> _TRY IT_: Here is the listing. Report each line in it that contains the string "module".

————————

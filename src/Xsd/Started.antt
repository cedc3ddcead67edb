-- ===== src/Xsd/Started.antt =====
-- The sequences that begin with the reference to the group, and that inserting it does so once.
use muen.Base.{arith, ok_injective}
use muen.Base.{not, List, [], ◌∷◌, ◌++◌, Str, ok}
use muen.Base.{
  ◌≡◌, refl, ap, ◌∙◌, sym, ◌==◌, list_eq, nat_eq, >>=-eq-ok, beq_self, list_beq_iff, Bool-cases,
  inl, inr,
}
use muen.Base.{if◌then◌else◌, ◌⊎◌}
use muen.Xml.{Etree, IsLawful}
use muen.Xml.Names.{Names, IsNamed}
use muen.Xsd.{NsInfo, ns_info, localname, node_to_string}
use muen.Xsd.Groups.{insert_first, insert_usg_in_sequence}
use muen.Xsd.Elements.{
  reference, group_reference_lem, node_to_string-reference, ns_info-set_children,
  localname-set_children, ns_info-IsPrefix,
}

module _ (X : Etree) (N : Names X) where
  -- The first child reads as the reference to the group.
  abbrev pub IsOpened : X.Elem → Type 0
  IsOpened node =
      (ns : NsInfo) × (first : X.Elem) × (rest : List X.Elem) × (text : Str) × (ns_info X N node
        ≡ ok ns)
      × (X.children node ≡ first ∷ rest)
      × (node_to_string X N first ≡ ok text)
      × (node_to_string X N (reference X ns.ns_prefix) ≡ ok text)

  -- The first of the elements has the given text.
  abbrev pub StartsWith : Str → List X.Elem → Type 0
  StartsWith text [] = ⊥
  StartsWith text (first ∷ rest) = node_to_string X N first ≡ ok text

  -- The first of the elements reads as the reference to the group, with the given prefix.
  abbrev pub Begins : Str → List X.Elem → Type 0
  Begins prefix cs =
      (text : Str) × (node_to_string X N (reference X prefix) ≡ ok text) × StartsWith text cs

  module _ (L : IsLawful X) (M : IsNamed X N) where
    pub insert_lem :
        (node : X.Elem) (ns : NsInfo)
        → ns_info X N node ≡ ok ns
        → insert_usg_in_sequence X N node
          ≡ insert_first X N node (reference X ns.ns_prefix) (X.children node)
    unfolding insert_usg_in_sequence
    insert_lem node ns h = rw (h, group_reference_lem X N L M ns.ns_prefix) refl

    pub insert_first-cons :
        (node new first : X.Elem) (rest : List X.Elem) (u t : Str)
        → node_to_string X N first ≡ ok u
        → node_to_string X N new ≡ ok t
        → insert_first X N node new (first ∷ rest)
          ≡ ok (if not (u == t) then X.insert node 0 new else node)
    insert_first-cons node new first rest u t f n = rw (f, n) refl

    pub insert_IsOpened :
        (node : X.Elem) → IsOpened node → insert_usg_in_sequence X N node ≡ ok node
    insert_IsOpened node (ns, first, rest, text, h, c, f, r) =
        insert_lem node ns h
        ∙ ap (insert_first X N node (reference X ns.ns_prefix)) c
        ∙ insert_first-cons node (reference X ns.ns_prefix) first rest text text f r
        ∙ rw (beq_self text) refl

    insert_first_cases :
        (node new s : X.Elem) (cs : List X.Elem) (t : Str)
        → X.children node ≡ cs
        → node_to_string X N new ≡ ok t
        → insert_first X N node new cs ≡ ok s
        → ((first : X.Elem) × (rest : List X.Elem) × (cs ≡ first ∷ rest)
            × (node_to_string X N first ≡ ok t)
            × (s ≡ node))
          ⊎ (¬ StartsWith t cs × (s ≡ X.set_children node (new ∷ cs)))
    insert_first_cases node new s [] t c n h = inr (
      (λ b. b),
      sym (ok_injective (X.append node new) s h)
          ∙ M.append_lem node new
          ∙ ap (λ ds. X.set_children node (ds ++ new ∷ [])) c,
    )
    insert_first_cases node new s (first ∷ rest) t c n h =
        let (u, f, k) = >>=-eq-ok (node_to_string X N first) _ h in
        let e : (if not (u == t) then X.insert node 0 new else node) ≡ s =
          ok_injective _ s (sym (insert_first-cons node new first rest u t f n) ∙ h) in
        elim (Bool-cases (u == t)) [
          | inl b ↦
              let q : u ≡ t = (list_beq_iff u t).0 b in
              let r : (if not (u == t) then X.insert node 0 new else node) ≡ node = rw b refl in
              inl (first, rest, refl, f ∙ ap ok q, sym e ∙ r)
          | inr b ↦
              let r : (if not (u == t) then X.insert node 0 new else node) ≡ X.insert node 0 new =
                rw b refl in
              inr (
                (λ p.
                    let q : u ≡ t = ok_injective u t (sym f ∙ p) in
                    ground (arith, b, list_beq_iff u t)),
                sym e ∙ r ∙ M.insert_lem node new 0 ∙ ap (λ ds. X.set_children node (new ∷ ds)) c,
              )
        ]

    -- What an insertion leaves of a sequence: it, if it begins with the reference to the group, or else it
    -- with the reference in front of its children.
    pub insert_cases :
        (node s : X.Elem)
        → insert_usg_in_sequence X N node ≡ ok s
        → (ns : NsInfo) × (ns_info X N node ≡ ok ns)
          × ((Begins ns.ns_prefix (X.children node) × (s ≡ node))
              ⊎ (¬ Begins ns.ns_prefix (X.children node)
                  × (s ≡ X.set_children node (reference X ns.ns_prefix ∷ X.children node))))
    insert_cases node s h =
        let (ns, i, _) = ns_info-IsPrefix X N L M node in
        let (t, n) = node_to_string-reference X N L M ns.ns_prefix in
        elim (insert_first_cases node (reference X ns.ns_prefix) s (X.children node) t refl n
          (sym (insert_lem node ns i) ∙ h)) [
            | inl (first, rest, c, f, e) ↦ (ns, i, inl ((t, n, rw c f), e))
            | inr (o, e) ↦ (
              ns,
              i,
              inr (
                (λ (u, m, b). let q : u ≡ t = ok_injective u t (sym m ∙ n) in o (rw (← q) b)),
                e,
              ),
            )
          ]

    opened :
        (node : X.Elem) (ns : NsInfo) (cs : List X.Elem)
        → ns_info X N node ≡ ok ns
        → X.children node ≡ cs
        → Begins ns.ns_prefix cs
        → IsOpened node
    opened node ns [] i c (t, n, b) = absurd b
    opened node ns (first ∷ rest) i c (t, n, b) = (ns, first, rest, t, i, c, b, n)

    -- After an insertion the sequence begins with the reference.
    pub insert-IsOpened : (node s : X.Elem) → insert_usg_in_sequence X N node ≡ ok s → IsOpened s
    insert-IsOpened node s h =
        let (ns, i, cases) = insert_cases node s h in
        let (t, n) = node_to_string-reference X N L M ns.ns_prefix in
        elim cases [
          | inl (o, e) ↦ rw e (opened node ns (X.children node) i refl o)
          | inr (_, e) ↦ rw e (
            ns,
            reference X ns.ns_prefix,
            X.children node,
            t,
            ns_info-set_children X N L M node (reference X ns.ns_prefix ∷ X.children node) ∙ i,
            L.children-set_children node (reference X ns.ns_prefix ∷ X.children node),
            n,
            n,
          )
        ]

    pub localname-insert :
        (node s : X.Elem)
        → insert_usg_in_sequence X N node ≡ ok s
        → localname X N s ≡ localname X N node
    localname-insert node s h =
        let (ns, i, cases) = insert_cases node s h in
        elim cases [
          | inl (o, e) ↦ rw e refl
          | inr (_, e) ↦
              rw e
                (localname-set_children X N L M node (reference X ns.ns_prefix ∷ X.children node))
        ]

————————

> _EXERCISE ANSWER_:
module _ (X : Etree) (N : Names X) where
  module _ (L : IsLawful X) (M : IsNamed X N) where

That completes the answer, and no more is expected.